┌────────
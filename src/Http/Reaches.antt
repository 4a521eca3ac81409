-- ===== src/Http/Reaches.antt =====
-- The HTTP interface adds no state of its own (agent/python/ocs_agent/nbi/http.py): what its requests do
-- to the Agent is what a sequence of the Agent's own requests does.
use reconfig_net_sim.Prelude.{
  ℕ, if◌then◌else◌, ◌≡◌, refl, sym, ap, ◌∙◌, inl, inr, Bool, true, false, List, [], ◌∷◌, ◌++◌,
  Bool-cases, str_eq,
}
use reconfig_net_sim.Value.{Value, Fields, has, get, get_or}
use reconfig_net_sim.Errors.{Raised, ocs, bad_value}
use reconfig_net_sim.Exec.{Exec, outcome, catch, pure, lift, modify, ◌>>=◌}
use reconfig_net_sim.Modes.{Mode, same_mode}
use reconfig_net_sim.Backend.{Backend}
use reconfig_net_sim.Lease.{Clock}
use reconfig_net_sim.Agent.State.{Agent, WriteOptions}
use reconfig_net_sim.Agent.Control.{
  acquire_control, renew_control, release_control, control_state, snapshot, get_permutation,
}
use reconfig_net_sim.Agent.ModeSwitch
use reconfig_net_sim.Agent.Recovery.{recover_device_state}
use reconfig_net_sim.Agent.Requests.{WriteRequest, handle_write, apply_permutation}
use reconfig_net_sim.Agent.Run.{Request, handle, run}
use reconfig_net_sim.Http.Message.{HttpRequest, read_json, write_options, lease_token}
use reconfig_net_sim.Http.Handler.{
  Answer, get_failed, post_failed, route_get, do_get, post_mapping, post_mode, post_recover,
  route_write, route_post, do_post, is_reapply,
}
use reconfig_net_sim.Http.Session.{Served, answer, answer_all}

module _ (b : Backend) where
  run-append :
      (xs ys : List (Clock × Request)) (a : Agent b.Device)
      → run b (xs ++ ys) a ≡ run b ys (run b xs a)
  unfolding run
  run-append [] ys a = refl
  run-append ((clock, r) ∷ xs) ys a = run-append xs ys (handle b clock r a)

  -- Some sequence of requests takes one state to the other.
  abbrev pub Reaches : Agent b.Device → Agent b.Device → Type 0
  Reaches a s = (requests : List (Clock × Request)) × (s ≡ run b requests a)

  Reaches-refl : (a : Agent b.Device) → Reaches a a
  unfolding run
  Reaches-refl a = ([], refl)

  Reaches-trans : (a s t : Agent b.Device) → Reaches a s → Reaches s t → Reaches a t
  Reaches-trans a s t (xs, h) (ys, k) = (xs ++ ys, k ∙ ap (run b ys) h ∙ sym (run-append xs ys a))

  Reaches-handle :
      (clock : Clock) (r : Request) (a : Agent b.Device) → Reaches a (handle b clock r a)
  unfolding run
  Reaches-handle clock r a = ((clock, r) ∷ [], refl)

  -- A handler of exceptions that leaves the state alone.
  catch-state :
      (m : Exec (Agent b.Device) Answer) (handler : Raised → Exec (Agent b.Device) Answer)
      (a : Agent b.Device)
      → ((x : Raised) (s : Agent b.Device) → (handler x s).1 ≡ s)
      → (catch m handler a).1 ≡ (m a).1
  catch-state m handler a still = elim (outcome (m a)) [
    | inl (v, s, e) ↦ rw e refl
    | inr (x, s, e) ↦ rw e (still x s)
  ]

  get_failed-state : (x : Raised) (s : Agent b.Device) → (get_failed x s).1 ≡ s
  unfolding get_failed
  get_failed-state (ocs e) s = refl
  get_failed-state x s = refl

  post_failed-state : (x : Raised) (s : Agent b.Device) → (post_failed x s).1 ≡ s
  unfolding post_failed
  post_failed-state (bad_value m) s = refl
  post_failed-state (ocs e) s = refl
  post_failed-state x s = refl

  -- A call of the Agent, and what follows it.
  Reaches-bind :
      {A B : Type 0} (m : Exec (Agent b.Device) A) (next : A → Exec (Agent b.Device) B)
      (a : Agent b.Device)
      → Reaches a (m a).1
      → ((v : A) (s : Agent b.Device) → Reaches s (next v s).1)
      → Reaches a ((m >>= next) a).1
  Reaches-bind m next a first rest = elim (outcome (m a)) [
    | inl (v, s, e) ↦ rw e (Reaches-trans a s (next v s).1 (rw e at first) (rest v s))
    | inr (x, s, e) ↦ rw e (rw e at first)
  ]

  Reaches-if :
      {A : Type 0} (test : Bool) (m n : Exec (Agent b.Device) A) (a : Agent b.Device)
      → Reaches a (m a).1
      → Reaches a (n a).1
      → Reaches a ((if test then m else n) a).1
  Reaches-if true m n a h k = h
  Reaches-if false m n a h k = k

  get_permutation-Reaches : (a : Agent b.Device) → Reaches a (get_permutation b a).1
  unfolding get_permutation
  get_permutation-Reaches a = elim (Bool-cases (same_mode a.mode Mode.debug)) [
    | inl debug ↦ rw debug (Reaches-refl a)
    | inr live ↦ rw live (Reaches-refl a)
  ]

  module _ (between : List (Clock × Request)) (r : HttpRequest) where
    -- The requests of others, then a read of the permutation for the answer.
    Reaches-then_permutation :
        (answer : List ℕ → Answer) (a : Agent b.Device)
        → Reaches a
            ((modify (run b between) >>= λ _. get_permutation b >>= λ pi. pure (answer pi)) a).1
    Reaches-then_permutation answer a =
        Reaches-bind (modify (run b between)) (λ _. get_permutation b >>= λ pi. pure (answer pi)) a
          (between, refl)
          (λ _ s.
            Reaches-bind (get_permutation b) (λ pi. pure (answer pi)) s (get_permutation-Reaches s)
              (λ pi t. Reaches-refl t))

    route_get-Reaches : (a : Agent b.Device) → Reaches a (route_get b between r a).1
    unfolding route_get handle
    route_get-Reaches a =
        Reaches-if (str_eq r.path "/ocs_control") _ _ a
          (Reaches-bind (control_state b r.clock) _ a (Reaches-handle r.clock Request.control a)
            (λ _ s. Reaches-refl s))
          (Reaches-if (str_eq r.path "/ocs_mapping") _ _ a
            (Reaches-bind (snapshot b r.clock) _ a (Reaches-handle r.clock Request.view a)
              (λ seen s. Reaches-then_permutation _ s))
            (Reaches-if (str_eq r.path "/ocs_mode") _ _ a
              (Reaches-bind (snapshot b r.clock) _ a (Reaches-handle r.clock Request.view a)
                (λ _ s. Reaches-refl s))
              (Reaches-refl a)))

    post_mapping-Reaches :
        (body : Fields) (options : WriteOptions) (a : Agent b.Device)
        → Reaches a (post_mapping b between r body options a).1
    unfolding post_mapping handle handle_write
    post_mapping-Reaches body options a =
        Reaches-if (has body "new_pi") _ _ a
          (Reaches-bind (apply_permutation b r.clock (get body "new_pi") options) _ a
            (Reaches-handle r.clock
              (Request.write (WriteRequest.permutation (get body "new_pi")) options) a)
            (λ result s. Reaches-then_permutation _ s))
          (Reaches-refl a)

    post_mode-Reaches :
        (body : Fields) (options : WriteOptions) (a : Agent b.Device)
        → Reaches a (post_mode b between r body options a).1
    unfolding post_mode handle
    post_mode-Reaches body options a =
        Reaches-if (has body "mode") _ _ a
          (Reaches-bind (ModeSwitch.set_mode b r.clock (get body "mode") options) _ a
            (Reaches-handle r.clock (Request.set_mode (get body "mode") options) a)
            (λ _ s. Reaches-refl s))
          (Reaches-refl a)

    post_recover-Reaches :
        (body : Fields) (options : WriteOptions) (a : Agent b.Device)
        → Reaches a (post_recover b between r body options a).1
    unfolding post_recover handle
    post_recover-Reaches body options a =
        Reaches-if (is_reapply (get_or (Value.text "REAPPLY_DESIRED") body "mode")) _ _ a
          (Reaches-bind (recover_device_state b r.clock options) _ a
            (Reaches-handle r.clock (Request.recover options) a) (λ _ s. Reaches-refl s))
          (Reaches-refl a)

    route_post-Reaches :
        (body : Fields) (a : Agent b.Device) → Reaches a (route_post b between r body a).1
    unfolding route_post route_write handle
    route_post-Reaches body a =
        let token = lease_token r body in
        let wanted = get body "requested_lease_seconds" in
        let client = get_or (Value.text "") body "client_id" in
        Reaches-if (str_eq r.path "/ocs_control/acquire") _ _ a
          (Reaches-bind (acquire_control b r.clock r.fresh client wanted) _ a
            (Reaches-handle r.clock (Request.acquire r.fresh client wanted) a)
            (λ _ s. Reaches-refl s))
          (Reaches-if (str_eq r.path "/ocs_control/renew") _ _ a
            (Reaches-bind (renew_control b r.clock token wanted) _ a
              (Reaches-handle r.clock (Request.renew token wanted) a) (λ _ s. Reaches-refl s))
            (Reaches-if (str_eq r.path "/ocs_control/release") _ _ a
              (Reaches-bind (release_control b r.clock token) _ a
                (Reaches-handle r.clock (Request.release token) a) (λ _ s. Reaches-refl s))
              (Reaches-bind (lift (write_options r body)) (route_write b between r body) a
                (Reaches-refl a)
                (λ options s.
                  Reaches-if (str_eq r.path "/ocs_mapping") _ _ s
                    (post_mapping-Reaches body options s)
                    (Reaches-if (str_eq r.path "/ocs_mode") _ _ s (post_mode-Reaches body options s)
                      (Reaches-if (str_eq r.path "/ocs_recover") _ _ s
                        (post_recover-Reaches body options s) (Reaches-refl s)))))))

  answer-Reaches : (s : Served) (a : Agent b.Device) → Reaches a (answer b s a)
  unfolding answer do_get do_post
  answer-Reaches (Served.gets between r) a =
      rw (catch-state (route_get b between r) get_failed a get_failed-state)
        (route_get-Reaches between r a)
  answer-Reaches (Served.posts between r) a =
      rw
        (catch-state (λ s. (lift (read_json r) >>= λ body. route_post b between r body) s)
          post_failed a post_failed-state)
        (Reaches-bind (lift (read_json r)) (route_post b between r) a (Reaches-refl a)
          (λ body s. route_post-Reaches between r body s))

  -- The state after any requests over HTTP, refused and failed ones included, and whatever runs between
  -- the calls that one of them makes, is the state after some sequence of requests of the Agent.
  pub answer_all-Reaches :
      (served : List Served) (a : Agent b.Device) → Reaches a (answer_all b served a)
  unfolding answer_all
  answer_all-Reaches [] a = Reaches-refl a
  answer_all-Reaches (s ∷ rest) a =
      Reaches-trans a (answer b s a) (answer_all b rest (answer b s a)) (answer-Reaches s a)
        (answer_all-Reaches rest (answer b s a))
└────────
┌────────
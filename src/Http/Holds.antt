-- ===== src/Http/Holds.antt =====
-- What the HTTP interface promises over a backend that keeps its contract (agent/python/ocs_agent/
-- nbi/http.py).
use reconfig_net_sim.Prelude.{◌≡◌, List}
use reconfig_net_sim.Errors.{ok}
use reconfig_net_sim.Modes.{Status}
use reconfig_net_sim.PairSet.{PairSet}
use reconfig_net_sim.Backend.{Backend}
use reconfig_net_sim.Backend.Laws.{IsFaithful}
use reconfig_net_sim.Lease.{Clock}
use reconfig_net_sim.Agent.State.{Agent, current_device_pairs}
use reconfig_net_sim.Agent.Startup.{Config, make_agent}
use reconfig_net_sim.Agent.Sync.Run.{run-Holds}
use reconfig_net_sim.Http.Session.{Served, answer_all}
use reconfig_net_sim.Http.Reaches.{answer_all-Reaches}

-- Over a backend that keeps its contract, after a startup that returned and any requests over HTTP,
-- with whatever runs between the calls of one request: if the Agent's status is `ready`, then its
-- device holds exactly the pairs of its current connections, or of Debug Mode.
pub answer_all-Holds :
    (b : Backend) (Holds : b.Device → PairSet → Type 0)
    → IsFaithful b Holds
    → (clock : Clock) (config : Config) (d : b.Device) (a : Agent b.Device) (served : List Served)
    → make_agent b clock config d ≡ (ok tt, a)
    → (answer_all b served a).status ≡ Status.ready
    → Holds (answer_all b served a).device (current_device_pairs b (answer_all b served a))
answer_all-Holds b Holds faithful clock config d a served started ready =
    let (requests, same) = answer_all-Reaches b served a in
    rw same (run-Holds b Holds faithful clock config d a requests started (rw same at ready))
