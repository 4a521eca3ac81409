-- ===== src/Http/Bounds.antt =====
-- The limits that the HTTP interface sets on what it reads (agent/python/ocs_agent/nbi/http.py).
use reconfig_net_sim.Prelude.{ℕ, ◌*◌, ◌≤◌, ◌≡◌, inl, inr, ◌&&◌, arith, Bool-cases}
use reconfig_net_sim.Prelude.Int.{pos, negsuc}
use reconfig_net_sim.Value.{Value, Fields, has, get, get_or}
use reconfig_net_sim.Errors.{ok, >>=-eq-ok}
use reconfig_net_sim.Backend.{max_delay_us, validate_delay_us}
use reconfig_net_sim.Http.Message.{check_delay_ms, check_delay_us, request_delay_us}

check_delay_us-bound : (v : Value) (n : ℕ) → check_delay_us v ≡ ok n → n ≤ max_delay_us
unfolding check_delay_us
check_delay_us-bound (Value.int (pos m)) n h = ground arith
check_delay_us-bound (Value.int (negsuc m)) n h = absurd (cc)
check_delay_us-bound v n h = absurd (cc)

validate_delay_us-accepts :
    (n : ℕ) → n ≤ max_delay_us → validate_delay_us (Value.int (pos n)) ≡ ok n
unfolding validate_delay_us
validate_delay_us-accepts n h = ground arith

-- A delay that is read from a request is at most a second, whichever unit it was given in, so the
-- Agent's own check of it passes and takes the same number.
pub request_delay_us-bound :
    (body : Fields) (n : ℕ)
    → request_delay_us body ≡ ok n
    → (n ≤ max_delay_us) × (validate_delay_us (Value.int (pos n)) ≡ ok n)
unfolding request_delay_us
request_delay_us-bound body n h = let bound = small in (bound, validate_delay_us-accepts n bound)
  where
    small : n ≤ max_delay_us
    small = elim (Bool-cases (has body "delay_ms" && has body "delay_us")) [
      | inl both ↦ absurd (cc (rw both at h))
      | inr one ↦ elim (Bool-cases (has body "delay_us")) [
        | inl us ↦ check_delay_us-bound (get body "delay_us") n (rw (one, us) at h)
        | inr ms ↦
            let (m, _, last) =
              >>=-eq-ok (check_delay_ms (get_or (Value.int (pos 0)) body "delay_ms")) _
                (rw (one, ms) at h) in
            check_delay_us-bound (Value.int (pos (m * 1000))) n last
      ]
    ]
└────────
┌────────
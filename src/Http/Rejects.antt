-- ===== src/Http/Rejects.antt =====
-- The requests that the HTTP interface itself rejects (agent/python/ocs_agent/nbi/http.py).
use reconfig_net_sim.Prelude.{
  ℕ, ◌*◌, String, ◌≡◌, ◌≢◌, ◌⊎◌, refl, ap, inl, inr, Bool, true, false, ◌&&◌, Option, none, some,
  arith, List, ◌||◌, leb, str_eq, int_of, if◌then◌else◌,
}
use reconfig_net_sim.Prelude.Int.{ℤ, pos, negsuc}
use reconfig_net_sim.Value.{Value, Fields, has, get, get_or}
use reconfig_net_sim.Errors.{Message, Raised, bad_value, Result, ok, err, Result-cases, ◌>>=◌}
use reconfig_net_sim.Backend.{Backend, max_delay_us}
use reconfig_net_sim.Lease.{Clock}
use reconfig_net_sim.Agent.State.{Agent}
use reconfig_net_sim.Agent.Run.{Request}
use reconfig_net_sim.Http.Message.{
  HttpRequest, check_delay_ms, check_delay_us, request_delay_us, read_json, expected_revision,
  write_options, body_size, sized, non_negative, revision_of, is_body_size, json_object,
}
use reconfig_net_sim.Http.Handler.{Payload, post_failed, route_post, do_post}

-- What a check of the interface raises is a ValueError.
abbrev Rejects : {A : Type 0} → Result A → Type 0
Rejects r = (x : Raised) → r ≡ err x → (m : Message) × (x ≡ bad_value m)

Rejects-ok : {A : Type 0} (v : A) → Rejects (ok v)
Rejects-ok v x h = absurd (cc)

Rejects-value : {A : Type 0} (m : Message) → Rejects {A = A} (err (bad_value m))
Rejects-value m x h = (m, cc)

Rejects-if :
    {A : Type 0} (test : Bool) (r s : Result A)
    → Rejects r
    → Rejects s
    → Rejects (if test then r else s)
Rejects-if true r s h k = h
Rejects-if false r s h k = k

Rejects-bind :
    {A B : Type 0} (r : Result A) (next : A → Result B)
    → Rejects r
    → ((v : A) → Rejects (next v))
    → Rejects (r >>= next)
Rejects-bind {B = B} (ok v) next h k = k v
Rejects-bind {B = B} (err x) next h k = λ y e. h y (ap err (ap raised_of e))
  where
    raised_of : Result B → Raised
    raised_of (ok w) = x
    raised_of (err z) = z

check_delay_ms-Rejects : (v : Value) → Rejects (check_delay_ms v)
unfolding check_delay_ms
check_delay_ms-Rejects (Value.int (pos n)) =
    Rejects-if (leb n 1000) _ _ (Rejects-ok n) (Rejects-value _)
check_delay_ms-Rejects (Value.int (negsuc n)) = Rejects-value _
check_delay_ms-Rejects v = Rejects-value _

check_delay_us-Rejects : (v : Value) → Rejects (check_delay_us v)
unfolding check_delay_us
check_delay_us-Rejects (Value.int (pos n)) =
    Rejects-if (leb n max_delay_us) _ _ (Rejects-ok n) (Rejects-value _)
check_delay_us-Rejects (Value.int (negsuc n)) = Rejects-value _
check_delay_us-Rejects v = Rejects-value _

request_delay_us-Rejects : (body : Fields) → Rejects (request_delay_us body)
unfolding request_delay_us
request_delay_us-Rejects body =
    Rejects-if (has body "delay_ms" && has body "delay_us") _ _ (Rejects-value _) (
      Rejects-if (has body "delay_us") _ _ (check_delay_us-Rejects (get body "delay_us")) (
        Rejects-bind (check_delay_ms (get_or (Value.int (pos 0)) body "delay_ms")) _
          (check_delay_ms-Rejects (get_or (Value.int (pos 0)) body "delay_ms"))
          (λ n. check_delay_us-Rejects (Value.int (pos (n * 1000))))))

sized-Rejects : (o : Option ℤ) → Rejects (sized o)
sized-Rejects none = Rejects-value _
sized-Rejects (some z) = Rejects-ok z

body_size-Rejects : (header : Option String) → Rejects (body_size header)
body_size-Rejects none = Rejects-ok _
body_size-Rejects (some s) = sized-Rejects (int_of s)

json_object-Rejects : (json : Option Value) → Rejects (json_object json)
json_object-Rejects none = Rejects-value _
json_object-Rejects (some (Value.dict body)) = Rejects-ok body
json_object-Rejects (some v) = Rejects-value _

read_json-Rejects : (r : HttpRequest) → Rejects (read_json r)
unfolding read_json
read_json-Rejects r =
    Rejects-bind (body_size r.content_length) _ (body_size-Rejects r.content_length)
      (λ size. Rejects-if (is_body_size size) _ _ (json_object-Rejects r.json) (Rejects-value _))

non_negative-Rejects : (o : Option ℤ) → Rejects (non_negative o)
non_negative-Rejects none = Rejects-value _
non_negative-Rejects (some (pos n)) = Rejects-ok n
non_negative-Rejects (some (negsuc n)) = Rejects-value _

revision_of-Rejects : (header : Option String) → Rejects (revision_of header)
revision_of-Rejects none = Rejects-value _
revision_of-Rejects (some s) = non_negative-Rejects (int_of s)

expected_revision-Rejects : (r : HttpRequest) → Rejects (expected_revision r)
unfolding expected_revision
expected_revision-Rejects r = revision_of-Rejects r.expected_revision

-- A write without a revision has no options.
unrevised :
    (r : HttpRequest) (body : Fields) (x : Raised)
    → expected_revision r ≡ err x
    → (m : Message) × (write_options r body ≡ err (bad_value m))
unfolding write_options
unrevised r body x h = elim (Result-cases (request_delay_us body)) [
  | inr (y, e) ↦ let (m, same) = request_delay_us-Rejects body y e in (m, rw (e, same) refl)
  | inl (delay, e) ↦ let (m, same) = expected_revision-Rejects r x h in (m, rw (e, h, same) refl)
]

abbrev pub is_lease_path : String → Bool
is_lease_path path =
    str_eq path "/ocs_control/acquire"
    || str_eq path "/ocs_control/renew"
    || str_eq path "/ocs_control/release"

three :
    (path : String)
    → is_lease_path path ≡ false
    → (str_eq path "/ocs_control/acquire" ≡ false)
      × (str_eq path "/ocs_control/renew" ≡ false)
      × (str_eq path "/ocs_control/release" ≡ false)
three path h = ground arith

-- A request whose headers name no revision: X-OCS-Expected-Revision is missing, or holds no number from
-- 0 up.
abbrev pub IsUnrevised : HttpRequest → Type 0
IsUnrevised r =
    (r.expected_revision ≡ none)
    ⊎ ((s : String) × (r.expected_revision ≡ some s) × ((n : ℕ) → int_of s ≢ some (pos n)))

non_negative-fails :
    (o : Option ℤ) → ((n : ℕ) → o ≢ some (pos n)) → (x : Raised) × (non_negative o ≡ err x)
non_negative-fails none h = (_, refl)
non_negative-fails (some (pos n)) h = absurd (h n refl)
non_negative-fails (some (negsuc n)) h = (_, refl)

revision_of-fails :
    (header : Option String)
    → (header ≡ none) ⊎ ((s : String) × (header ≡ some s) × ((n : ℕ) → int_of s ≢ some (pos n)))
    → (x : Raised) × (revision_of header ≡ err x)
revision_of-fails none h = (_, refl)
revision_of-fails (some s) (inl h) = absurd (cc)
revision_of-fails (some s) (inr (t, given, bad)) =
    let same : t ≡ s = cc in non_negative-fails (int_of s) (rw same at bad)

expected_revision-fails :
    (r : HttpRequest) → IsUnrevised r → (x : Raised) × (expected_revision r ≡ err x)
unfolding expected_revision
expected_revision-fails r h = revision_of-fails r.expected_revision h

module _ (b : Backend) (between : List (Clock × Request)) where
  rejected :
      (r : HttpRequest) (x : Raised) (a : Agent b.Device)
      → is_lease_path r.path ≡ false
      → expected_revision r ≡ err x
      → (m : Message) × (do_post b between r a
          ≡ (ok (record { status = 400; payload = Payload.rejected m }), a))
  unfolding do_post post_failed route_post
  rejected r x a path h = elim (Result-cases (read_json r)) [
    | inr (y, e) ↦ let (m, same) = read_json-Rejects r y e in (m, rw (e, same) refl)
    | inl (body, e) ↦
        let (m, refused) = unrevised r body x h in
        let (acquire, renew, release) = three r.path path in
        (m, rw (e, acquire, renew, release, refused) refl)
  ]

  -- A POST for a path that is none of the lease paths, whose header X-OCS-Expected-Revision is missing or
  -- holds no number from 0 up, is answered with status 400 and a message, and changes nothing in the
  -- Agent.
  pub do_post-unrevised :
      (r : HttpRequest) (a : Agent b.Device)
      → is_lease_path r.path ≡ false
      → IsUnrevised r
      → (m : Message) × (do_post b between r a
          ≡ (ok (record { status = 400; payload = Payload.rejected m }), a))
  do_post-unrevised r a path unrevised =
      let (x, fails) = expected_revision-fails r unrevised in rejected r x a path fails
└────────
TASK BRIEF: Go through the entries above and report every line in which the word "Exec" appears.

TASK ANSWER:
use reconfig_net_sim.Exec.{Exec, outcome, catch, pure, lift, modify, ◌>>=◌}
      (m : Exec (Agent b.Device) Answer) (handler : Raised → Exec (Agent b.Device) Answer)
      {A B : Type 0} (m : Exec (Agent b.Device) A) (next : A → Exec (Agent b.Device) B)
      {A : Type 0} (test : Bool) (m n : Exec (Agent b.Device) A) (a : Agent b.Device)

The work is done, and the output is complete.